◆ **REQUIREMENT**: Go over the entries and report the lines where the word "ahead" occurs.

◆ **RECORD EXTRACTS**:
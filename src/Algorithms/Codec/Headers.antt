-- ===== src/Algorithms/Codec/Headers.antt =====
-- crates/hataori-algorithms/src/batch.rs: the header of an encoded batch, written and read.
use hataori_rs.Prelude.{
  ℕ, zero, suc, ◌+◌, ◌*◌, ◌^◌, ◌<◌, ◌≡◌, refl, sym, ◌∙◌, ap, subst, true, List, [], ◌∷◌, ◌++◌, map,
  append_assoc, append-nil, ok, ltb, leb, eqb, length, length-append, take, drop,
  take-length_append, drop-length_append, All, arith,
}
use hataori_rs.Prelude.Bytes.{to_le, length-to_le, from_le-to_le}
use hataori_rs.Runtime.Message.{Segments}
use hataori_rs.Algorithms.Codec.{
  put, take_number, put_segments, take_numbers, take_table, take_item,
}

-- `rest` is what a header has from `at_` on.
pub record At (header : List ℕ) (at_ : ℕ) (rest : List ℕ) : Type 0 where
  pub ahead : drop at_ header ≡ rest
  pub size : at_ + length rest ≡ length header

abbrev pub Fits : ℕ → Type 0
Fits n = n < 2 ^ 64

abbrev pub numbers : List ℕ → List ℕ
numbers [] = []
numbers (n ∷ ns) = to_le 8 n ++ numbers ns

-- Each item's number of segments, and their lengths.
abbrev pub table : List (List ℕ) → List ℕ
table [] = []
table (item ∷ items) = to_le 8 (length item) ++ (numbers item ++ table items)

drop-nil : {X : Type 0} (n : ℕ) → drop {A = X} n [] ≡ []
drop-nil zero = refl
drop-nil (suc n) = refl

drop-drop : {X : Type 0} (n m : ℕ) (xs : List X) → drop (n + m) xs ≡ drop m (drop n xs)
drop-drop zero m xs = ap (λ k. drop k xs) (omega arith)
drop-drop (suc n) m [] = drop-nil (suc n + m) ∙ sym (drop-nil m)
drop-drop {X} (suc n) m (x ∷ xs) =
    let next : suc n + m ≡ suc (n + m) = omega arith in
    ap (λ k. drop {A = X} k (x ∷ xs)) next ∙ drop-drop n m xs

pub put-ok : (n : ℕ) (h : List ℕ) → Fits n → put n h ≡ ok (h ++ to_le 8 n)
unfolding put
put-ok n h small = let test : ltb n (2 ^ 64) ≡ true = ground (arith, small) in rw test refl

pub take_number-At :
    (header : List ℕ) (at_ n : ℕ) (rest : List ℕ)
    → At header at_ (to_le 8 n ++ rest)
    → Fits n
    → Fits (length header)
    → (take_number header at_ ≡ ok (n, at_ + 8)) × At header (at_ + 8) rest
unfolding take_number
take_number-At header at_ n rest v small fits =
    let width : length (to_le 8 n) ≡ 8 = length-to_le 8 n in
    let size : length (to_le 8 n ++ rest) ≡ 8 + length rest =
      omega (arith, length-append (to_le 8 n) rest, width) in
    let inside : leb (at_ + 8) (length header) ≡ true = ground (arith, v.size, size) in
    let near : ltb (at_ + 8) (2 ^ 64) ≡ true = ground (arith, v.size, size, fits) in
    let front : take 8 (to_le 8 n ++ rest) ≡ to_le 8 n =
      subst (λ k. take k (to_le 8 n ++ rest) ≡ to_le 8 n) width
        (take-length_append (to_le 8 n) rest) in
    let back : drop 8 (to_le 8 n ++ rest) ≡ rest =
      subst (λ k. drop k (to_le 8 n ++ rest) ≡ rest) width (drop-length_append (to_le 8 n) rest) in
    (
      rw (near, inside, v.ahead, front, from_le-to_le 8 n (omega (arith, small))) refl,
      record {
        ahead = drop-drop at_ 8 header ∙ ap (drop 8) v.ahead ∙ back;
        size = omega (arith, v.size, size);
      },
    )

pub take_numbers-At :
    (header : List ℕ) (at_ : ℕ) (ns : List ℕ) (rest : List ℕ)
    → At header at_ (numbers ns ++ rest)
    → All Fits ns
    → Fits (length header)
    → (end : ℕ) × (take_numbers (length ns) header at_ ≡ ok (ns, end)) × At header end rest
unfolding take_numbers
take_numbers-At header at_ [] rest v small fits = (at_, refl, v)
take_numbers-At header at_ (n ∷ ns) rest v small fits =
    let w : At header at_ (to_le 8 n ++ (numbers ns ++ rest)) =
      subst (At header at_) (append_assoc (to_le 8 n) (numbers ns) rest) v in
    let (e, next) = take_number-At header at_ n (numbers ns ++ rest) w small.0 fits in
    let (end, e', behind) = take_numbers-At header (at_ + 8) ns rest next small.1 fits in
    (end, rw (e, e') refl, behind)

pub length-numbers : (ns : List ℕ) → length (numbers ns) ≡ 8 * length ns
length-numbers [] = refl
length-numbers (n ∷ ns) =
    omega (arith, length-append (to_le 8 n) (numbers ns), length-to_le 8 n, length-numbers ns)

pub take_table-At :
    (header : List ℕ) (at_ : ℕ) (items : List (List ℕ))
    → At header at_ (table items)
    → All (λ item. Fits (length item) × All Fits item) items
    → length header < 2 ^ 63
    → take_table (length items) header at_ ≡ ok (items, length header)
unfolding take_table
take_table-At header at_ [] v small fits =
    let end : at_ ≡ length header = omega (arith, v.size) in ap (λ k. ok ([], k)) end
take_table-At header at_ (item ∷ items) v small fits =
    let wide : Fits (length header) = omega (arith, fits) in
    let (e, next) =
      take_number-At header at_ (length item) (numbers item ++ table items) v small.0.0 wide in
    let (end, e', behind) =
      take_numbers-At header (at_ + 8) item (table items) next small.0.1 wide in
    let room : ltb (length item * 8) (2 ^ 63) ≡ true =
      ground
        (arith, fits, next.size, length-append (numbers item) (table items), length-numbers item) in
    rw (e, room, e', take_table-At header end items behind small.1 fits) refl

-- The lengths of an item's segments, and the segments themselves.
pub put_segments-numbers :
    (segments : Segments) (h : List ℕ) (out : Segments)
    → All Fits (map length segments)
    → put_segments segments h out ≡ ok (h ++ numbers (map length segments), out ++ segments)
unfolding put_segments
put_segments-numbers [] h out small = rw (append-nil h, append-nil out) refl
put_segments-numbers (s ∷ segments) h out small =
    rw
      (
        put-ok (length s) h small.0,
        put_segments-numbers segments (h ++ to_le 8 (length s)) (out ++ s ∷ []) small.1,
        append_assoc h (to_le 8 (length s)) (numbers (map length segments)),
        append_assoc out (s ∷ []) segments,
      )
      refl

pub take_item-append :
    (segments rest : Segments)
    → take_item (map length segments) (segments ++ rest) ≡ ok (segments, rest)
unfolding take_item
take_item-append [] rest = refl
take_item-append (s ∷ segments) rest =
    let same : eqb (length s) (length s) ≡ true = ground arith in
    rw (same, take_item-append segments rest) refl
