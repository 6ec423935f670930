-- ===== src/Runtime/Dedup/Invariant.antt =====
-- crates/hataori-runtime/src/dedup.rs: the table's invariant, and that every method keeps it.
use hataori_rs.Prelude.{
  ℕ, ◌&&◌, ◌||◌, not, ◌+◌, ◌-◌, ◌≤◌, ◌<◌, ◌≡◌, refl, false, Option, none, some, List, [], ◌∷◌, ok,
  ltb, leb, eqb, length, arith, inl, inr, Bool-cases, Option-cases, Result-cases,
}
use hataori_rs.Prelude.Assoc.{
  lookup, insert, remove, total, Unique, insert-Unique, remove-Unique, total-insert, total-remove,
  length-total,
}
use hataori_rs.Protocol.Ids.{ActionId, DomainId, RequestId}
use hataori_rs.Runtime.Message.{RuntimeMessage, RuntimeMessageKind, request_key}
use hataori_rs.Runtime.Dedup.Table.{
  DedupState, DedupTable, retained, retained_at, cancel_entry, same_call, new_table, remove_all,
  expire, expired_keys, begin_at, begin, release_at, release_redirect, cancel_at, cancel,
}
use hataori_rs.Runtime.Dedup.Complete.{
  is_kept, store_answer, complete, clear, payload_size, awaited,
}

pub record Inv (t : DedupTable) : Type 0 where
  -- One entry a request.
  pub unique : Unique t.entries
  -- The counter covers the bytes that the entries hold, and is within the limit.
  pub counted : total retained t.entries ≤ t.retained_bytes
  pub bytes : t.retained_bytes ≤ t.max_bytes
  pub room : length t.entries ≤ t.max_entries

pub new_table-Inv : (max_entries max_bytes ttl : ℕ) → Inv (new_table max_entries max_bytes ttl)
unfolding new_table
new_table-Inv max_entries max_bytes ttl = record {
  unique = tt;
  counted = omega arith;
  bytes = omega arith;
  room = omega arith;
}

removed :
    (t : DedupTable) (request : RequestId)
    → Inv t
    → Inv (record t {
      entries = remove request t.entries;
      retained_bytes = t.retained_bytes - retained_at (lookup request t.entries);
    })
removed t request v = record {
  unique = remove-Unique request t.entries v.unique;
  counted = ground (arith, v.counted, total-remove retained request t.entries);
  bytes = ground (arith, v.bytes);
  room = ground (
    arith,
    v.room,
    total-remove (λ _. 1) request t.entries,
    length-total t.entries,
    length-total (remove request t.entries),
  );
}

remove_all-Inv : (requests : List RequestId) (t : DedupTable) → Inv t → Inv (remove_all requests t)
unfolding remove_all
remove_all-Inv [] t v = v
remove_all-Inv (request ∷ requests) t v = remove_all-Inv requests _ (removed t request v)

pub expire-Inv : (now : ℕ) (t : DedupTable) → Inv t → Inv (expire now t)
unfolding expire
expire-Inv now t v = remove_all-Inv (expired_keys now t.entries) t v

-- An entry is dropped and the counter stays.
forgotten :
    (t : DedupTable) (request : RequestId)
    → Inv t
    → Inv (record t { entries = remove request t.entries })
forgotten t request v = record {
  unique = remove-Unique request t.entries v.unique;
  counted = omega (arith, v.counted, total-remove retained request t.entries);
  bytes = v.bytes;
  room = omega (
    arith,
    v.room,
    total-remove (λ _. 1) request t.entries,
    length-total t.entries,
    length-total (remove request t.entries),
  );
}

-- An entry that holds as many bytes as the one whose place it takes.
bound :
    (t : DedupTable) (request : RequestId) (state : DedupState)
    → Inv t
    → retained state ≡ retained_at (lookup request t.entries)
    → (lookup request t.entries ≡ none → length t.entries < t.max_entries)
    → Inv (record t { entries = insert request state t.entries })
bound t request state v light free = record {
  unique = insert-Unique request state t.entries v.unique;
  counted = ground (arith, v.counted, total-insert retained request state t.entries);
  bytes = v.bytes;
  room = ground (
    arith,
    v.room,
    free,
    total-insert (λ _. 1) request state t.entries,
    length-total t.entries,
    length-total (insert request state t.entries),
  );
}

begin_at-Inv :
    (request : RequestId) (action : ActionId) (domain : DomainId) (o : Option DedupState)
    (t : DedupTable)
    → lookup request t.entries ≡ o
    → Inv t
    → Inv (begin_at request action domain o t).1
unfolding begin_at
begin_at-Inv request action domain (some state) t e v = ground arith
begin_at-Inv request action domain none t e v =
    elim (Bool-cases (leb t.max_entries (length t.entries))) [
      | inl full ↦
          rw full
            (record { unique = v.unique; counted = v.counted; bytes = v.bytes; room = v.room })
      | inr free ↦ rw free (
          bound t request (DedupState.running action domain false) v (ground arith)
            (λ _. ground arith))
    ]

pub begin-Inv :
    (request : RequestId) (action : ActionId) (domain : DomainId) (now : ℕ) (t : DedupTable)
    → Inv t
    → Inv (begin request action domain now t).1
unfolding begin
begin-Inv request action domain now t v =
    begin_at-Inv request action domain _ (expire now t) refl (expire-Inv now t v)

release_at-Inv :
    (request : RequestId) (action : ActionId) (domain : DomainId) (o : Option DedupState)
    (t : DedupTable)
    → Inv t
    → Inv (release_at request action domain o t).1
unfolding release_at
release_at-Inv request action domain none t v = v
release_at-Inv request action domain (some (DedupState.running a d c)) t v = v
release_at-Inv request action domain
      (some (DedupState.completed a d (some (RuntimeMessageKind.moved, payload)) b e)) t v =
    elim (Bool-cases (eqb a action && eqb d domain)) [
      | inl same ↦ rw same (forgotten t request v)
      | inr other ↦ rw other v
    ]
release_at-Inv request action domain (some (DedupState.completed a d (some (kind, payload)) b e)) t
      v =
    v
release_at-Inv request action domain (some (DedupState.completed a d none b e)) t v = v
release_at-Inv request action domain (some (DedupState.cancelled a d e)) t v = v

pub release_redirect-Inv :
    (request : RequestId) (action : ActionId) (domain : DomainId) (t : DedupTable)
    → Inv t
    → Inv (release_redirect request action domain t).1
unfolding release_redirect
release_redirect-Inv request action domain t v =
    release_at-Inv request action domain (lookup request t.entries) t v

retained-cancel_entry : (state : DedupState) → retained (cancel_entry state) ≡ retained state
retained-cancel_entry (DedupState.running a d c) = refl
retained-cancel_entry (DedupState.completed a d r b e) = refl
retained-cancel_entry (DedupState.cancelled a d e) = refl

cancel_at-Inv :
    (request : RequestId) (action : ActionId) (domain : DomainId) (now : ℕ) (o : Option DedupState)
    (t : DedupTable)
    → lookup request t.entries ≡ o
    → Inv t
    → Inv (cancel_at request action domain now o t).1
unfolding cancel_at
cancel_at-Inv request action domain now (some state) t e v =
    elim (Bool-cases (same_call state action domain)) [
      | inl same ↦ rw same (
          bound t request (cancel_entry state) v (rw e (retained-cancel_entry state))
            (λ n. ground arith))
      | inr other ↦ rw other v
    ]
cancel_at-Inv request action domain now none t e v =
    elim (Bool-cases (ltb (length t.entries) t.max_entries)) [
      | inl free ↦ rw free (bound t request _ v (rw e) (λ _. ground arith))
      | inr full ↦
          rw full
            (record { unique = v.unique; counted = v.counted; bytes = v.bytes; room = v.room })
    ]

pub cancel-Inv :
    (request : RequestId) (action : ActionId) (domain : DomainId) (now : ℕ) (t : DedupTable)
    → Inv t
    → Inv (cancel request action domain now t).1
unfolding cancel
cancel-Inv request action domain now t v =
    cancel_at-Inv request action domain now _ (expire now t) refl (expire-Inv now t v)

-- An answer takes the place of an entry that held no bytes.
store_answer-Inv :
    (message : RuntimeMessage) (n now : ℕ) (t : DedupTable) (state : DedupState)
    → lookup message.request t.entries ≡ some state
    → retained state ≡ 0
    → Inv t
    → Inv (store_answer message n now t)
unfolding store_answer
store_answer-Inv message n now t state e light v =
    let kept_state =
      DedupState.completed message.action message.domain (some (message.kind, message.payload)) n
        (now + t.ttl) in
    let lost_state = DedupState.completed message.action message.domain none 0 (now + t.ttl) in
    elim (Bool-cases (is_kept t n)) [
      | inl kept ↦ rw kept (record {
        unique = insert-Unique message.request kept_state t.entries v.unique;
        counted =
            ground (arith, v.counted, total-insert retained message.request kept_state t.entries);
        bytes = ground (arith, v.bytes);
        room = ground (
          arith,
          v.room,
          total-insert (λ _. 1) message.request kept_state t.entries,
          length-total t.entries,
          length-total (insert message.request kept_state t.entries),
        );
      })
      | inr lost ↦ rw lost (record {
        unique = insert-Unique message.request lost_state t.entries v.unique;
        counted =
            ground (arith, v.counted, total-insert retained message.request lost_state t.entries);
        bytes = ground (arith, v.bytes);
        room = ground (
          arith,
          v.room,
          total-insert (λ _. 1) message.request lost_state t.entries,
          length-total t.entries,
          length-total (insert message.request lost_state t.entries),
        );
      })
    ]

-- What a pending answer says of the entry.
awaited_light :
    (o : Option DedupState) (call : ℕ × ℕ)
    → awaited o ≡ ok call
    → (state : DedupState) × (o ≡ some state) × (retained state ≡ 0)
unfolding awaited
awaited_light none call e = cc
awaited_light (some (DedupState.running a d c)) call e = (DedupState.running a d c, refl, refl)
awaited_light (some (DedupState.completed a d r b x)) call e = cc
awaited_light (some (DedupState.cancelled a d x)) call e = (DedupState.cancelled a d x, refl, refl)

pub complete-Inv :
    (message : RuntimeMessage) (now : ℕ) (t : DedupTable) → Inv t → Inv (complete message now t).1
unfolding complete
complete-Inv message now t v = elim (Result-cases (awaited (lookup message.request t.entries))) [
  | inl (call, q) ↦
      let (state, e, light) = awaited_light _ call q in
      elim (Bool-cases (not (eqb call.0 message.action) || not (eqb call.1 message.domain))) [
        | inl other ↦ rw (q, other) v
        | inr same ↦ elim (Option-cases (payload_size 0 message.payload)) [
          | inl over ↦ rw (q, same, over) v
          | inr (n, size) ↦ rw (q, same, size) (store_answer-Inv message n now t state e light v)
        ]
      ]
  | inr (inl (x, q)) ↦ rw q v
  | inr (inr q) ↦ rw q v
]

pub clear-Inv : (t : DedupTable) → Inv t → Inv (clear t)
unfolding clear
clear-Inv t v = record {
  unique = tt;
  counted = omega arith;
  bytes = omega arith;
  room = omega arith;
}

◆ **TASK ANSWER**:
  pub ahead : drop at_ header ≡ rest
      rw (near, inside, v.ahead, front, from_le-to_le 8 n (omega (arith, small))) refl,
        ahead = drop-drop at_ 8 header ∙ ap (drop 8) v.ahead ∙ back;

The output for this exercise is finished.